The department said it filed a formal complaint with a U.S. administrative law judge over flights Air Canada canceled or significantly changed. The penalty is “intended to deter Air Canada and other carriers from committing similar violations in the future,” the department said, adding Air Canada continued its no-refund policy in violation of U.S. law for more than a year.

Air Canada said it believes the U.S. government’s position “has no merit.” It said it “will vigorously challenge the proceedings.”

Air Canada obtained a financial aid package this spring that gave the carrier access to up to C$5.9 billion ($4.84 billion) in funds through a loan program.

The carrier said it has been refunding nonrefundable tickets as part of the Canadian government’s financial package. Since April 13 eligible customers have been able to obtain refunds for previously issued nonrefundable tickets, it said.

The Transportation Department disclosed it is also “actively investigating the refund practices of other U.S. and foreign carriers flying to and from the United States” and said it will take “enforcement action” as appropriate.

The administration said the Air Canada penalty sought was over “extreme delays in providing the required refunds.”

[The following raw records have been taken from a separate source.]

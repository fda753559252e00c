-- ===== src/Settlement.antt =====
-- What a settlement is checked against and what the merchant keeps of it
-- (internal/service/payment_verify.go and internal/service/payment_net.go).
pub mod Exact
use pg_aggregator_back.Common.{
  ℕ, Bool, true, false, not, Option, none, some, ℤ, pos, ltb_ℤ, eqb_ℤ, if◌then◌else◌,
}
use pg_aggregator_back.Errors.{
  Error, Result, ok, err, bind, not_settled_at_provider, amount_mismatch, webhook_amount_mismatch,
}
use pg_aggregator_back.Fee.{merchant_net_basis_points, provider_basis_points}
use pg_aggregator_back.Payment.{Status, paid, Payment, status_eq, total_amount}

-- What is read of a provider's status report.
pub record NormalizedPaymentStatus : Type 0 where
  pub status : Status
  pub amount : Option ℤ
  pub paid_at : Option ℕ

abbrev pub differs : ℤ → Option ℤ → Bool
differs expected none = false
differs expected (some a) = not (eqb_ℤ a expected)

abbrev pub unconfirmed : ℤ → Option ℤ → Bool
unconfirmed expected none = true
unconfirmed expected (some a) = not (eqb_ℤ a expected)

-- `verifyProviderPayment`: the error, if any.
unfoldable pub verify_provider_payment :
    Payment → Option NormalizedPaymentStatus → Option ℤ → Option Error
verify_provider_payment p none webhook_amount = some not_settled_at_provider
verify_provider_payment p (some s) webhook_amount =
    if not (status_eq s.status paid)
    then some not_settled_at_provider
    else if unconfirmed (total_amount p) s.amount
    then some amount_mismatch
    else if differs (total_amount p) webhook_amount
    then some webhook_amount_mismatch
    else none

-- `merchantNetFor`
unfoldable pub merchant_net_for : Payment → Result ℤ
merchant_net_for p =
    if ltb_ℤ (pos 0) p.fee_amount
    then ok p.amount
    else bind (merchant_net_basis_points p.amount provider_basis_points) λ r. ok r.0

Refund requests spiked during the COVID-19 pandemic.

Since March 2020, the Transportation Department has received over 6,000 complaints against Air Canada from consumers who said they were denied refunds for flights canceled or significantly changed. The department said the airline committed a minimum of 5,110 violations and passengers waited anywhere from five to 13 months to receive refunds.

Last month, a trade group told U.S. lawmakers that 11 U.S. airlines issued $12.84 billion in cash refunds to customers in 2020 as the coronavirus pandemic upended the travel industry.

In May, Democratic Senators Edward Markey and Richard Blumenthal called on carriers to issue cash refunds whether flights were canceled by the airline or traveler.